Monday, January 11, 2010

The Year of Yes (by Maria Dahvana Headley)

Another "do blah-di-blah for a year and then write about it" book, but I can't help it; these fluffy little books go faster than the giant tomes I am concurrently reading.

At first I was put off by this book a little. The writer is very self-conscious and self-indulgent--her acknowledgments are three pages long, each chapter has a heading and a subheading, and there is tons of literary name dropping. There are also some embarrassingly torturous metaphors. You can tell she wants to be taken seriously as a Writer, when I wish she would just tell her story. From page two, to give you an example:

The noises of NYC had ceased to metamorphose into the hopeful bird trills and tender love songs I'd imagined when I'd first arrived, a year before, and instead sounded like what they were: garbage trucks, honking horns, and the occasional cockroach scuttle. Granted, my last doomed relationship had been significantly more crow than canary, and more Nirvana than Sinatra.

She also name-drops, within the first two pages, Sartre, Kierkegaard, Aeschylus, Wagner, and Dorothy Parker. It is quite frankly exhausting.

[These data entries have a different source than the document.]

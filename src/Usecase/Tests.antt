-- ===== src/Usecase/Tests.antt =====
-- Runs of the use cases' shared steps.
use wagering_wallet_service.Wagering.Snapshot.{
  validate, transaction_of, validate_origin, check_snapshot, validate_schedule, validate_result,
  rehydrate,
}
use wagering_wallet_service.Base.{
  is_payload_hash, is_blank, ◌+ℤ◌, Result, ok, nil_uuid, no_time, ℤ, pos, ◌≡◌, refl, none, arith,
}
use wagering_wallet_service.Wagering.Transaction.{
  check_external, check_amount_policy, as_processed, Transaction,
}
use wagering_wallet_service.Money.{brl, no_money}
use wagering_wallet_service.Wallet.{Wallet, LedgerEntry, credit}
use wagering_wallet_service.Wagering.Kind.{Status, Kind, http, pending, no_code, win}
use wagering_wallet_service.Wagering.Snapshot.Stored.{snapshot_of, rehydrate-ok}
use wagering_wallet_service.Wagering.Decision.{process}
use wagering_wallet_service.Wagering.Decision.Grounds.{Case, unlinked}
use wagering_wallet_service.Usecase.Movement.{Applied, apply_financial_movement}
use wagering_wallet_service.Usecase.Movement.Settles.{apply_financial_movement_lem}
use wagering_wallet_service.Usecase.Backoff.{backoff, backoff_lem}

backoff_example : backoff (pos 1000) (pos 5000) (pos 2) ≡ pos 4000
backoff_example = backoff_lem 5000 1000 (pos 2) (ground arith) (ground arith)

abbrev operation_of : Kind → Transaction
operation_of kind = record {
  id = 7;
  origin = http;
  kind = kind;
  status = pending;
  wallet_id = 1;
  player_id = 2;
  amount = record { minor = pos 2000; currency = brl };
  provider_id = "provider";
  external_transaction_id = "bet-1";
  idempotency_key = "key-1";
  payload_hash = "0123456789abcdef0123456789abcdef0123456789abcdef0123456789abcdef";
  round_id = "round";
  game_id = "game";
  reference_external_id = "";
  reference_transaction_id = nil_uuid;
  failure_code = no_code;
  result_balance = no_money;
  reference_attempts = pos 0;
  next_attempt_at = no_time;
  reference_deadline_at = no_time;
  correlation_id = "correlation";
  created_at = 25;
  updated_at = 25;
  completed_at = no_time;
}

abbrev account : Wallet
account = record {
  id = 1;
  player_id = 2;
  balance = record { minor = pos 5000; currency = brl };
  version = pos 3;
  created_at = 10;
  updated_at = 20;
}

win_run : rehydrate (snapshot_of (operation_of win)) ≡ ok (operation_of win)
unfolding rehydrate check_snapshot snapshot_of validate validate_origin check_external is_blank
    is_payload_hash check_amount_policy validate_schedule validate_result transaction_of
win_run = refl

win-Case : Case account (operation_of win) none
win-Case = record {
  wallet = ground arith;
  storable = (rehydrate-ok (snapshot_of (operation_of win)) win_run).1;
  live = refl;
  fits = ground arith;
  same_wallet = refl;
  original = λ t reversed e. cc;
}

abbrev append : LedgerEntry → Result (Unit {0})
append e = ok tt

abbrev update : Wallet → ℤ → Result (Unit {0})
update w version = ok tt

abbrev won : Applied
won = record {
  entry = record {
    id = 8;
    wallet_id = 1;
    transaction_id = 7;
    direction = credit;
    amount = record { minor = pos 2000; currency = brl };
    balance_before = record { minor = pos 5000; currency = brl };
    balance_after = record { minor = pos 7000; currency = brl };
    wallet_version = pos 4;
    created_at = 30;
  };
  account = record account {
    balance = record { minor = pos 7000; currency = brl };
    version = pos 4;
    updated_at = 30;
  };
  operation = record (operation_of win) {
    status = Status.processed;
    result_balance = record { minor = pos 7000; currency = brl };
    updated_at = 30;
    completed_at = 30;
  };
}

movement_applied_example :
    apply_financial_movement append update 8 30
      (process credit (record { minor = pos 2000; currency = brl }) nil_uuid)
      account
      (operation_of win)
    ≡ ok won
unfolding ◌+ℤ◌ as_processed
movement_applied_example =
    apply_financial_movement_lem account (operation_of win) none win-Case append update (λ e. refl)
      (λ w version. refl) 8 30 nil_uuid refl refl (ground arith) (unlinked refl) refl refl credit
      refl (ground arith) refl
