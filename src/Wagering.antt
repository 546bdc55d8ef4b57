-- ===== src/Wagering.antt =====
-- The wager operation: its vocabulary, its life cycle, its persisted snapshot, and the decision that
-- settles it. internal/domain/wagering.
pub mod Kind
pub mod Transaction
pub mod Snapshot
pub mod Decision
mod Tests
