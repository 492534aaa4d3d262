-- ===== src/Lib.antt =====
-- The firmware of the ether_house lamps: client_firmware/*.ino of this repository, and the fork of
-- the EtherCard network library that it is built with, client_firmware/libraries/ethercard.
-- A lamp holds eight houses. Its firmware fetches the address of its owner's phone from a server,
-- listens for frames of that phone, tells the server when the phone comes and goes, and shows on
-- eight pins who is at home. Every source file with state has a module:
--   Sketch: the globals and constants of client_firmware/client_firmware.ino. Sketch/Lights is
--   client_firmware/lights.ino (bitRead, bitWrite, sync_leds, setup_pins); Sketch/Eeprom is
--     client_firmware/rw_helpers.ino (crc_calc, crc_write, saveStateToEeprom, readStateFromEeprom).
--   Http: find_response and is_200 of client_firmware/api_client.ino.
--   Net: the variables of client_firmware/libraries/ethercard/tcpip.cpp and the packet buffer, and
--   the positions of net.h in Net/Layout. Net/Checksum is fill_checksum; Net/Lan is is_lan and
--   updateBroadcastAddress, with is_ip_local of client_firmware/ping_sweep.ino; Net/Sequence is
--   step_seq, get_seq, set_seq and get_tcp_data_len; Net/Frames holds the functions that fill the
--   buffer with a reply, and Net/Frames/Requests those that fill it with a packet of their own;
--   Net/Sniffer is sniffer.cpp.
--   Net/Client is what starts a connection (clientTcpReq, browseUrl) and the tests of clientWaiting*.
--   Net/Dhcp is the messages of dhcp.cpp, with the options of RFC 2132 in Net/Dhcp/Options; Net/Dns
--   is the query and the answer of dns.cpp; Net/Filler is BufferFiller::emit_p of EtherCard.cpp and
--   the request that www_client_internal_datafill_cb writes with it; Net/Web is urlEncode and
--   urlDecode of webutil.cpp, Net/Web/Keys findKeyVal and Net/Web/Addresses parseIp and makeNetStr;
--   Net/UdpServer is udpserver.cpp.
--   Net/Filler/Post is the request with a body, Net/TcpReply is tcp_result_cb and tcpReply.
--   World: the sketch and the network with what surrounds them, and runs as a state monad. Env is
--   the surroundings; World/Packets is packetLoop with the TCP client and accept; World/Syslog is
--   client_firmware/syslog.ino and reboot of watchdog.ino; World/Api is the calls of the server of
--   api_client.ino, toggle_house of lights.ino, sniffer.ino, ping_sweep.ino and
--   selectAndArpDestAddr; World/Lease is DhcpStateMachine, which packetLoop runs first; World/Setup is
--   begin, dhcpSetup and dnsLookup; World/Main is setup and loop. World/Laws holds the theorems.
--   Stash: the class Stash of client_firmware/libraries/ethercard/EtherCard.cpp. Stash/Blocks is its
--   map of blocks, Stash/Texts its pages in RAM and the text; the record Scratch is what the driver
--   does with a page of the chip. Stash/Message is prepare and length, Stash/Extract extract and
--   cleanup, Stash/Sending the function of tcpip.cpp that calls them (tcp_datafill_cb).
--   Driver: client_firmware/libraries/ethercard/enc28j60.cpp, with the static variables and the bus.
--   Driver/Registers is its constants, Driver/Spi the instructions and the access to registers,
--   Driver/Packets the class ENC28J60 (initialize, packetSend, packetReceive, copyout and the filters),
--   Driver/SelfTest doBIST.
--   Base: tests, lists, memory, addresses, and the laws of bits. Tests: runs on concrete inputs.
-- An operation takes the state and returns the new one. A memory is a function from offsets to
-- bytes; a pointer into the packet buffer is an offset, and an array is the offsets from its own.
-- A write beyond an array reaches what stands behind it, as in the source. Numbers are natural
-- numbers, with each cast to 8, 16 or 32 bits written out. `~ x` on k bits is 2 ^ k - 1 - x.
-- Bounds and fuel: the loop of fill_checksum that folds the carries takes three rounds, which
-- suffice for any 32-bit sum; every other loop recurs on the rounds that it has left. urlDecode has a
-- pass for each character and its end. A loop that
-- waits for packets has `rounds` of the environment; they suffice where the deadline passes on the
-- clock within them. millis() is the low 32 bits of a clock that is any row of numbers.
-- The loops over the options of a DHCP
-- message and over an answer of a name server have a round for each byte of the packet and one.
-- extract has a round for each character that is written, each $ and each end of an argument.
-- Polling is two levels deep in World/Main, as the callback of the sniffer returns at once within
-- itself; World/Laws/Nested is about deeper ones.
-- atoi and itoa are the C library's; they are parameters, with what it says of decimal digits as
-- the hypotheses IsAtoi and IsItoa. `_crc16_update` is avr-libc's; it is a parameter, and where a
-- theorem relies on it the hypothesis IsCrc16 says what its documentation says. `EEPROM.read` and
-- `EEPROM.write` access cells. RAM, program memory and the EEPROM, from which prepare and extract
-- read texts, are the record Places.
-- The chip behind the driver is the row of bytes that it answers, one for each exchange, and the
-- driver's work is the row of transactions that it sends; a loop that waits for the chip has `rounds`.
-- The modules above the driver do not use this one: there `packetSend` is a frame that is added to a
-- list, and what packetReceive and isLinkUp give comes from the environment; World has the state of the
-- driver's filter of broadcasts, and the map of the Stash that begin sets up.
-- Not modelled: the setup of the pins and the SPI unit; the calls of clientTcpReq in httpPost and
-- tcpSend, the ping callback and dhcpAddOptionCallback, which the firmware does not use; the call of
-- the UDP listeners in packetLoop, as it registers none; the watchdog's interrupt; the examples of
-- the fork; what is printed on the serial port.
pub mod Base
pub mod Sketch
pub mod Http
pub mod Net
pub mod Stash
pub mod World
pub mod Driver
mod Tests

When she settles into it (or when I got used to it) I was able to enjoy the story for what it was--an honest and interesting memoir about a year spent saying yes to anyone and everyone who asked her on a date. And ultimately she did seem like a cool, risk-taker type person, who has a good heart, but maybe needs to dial down the Writerly Affectation a little. So I did like it okay in the end. But I have to say I liked Julie & Julia better.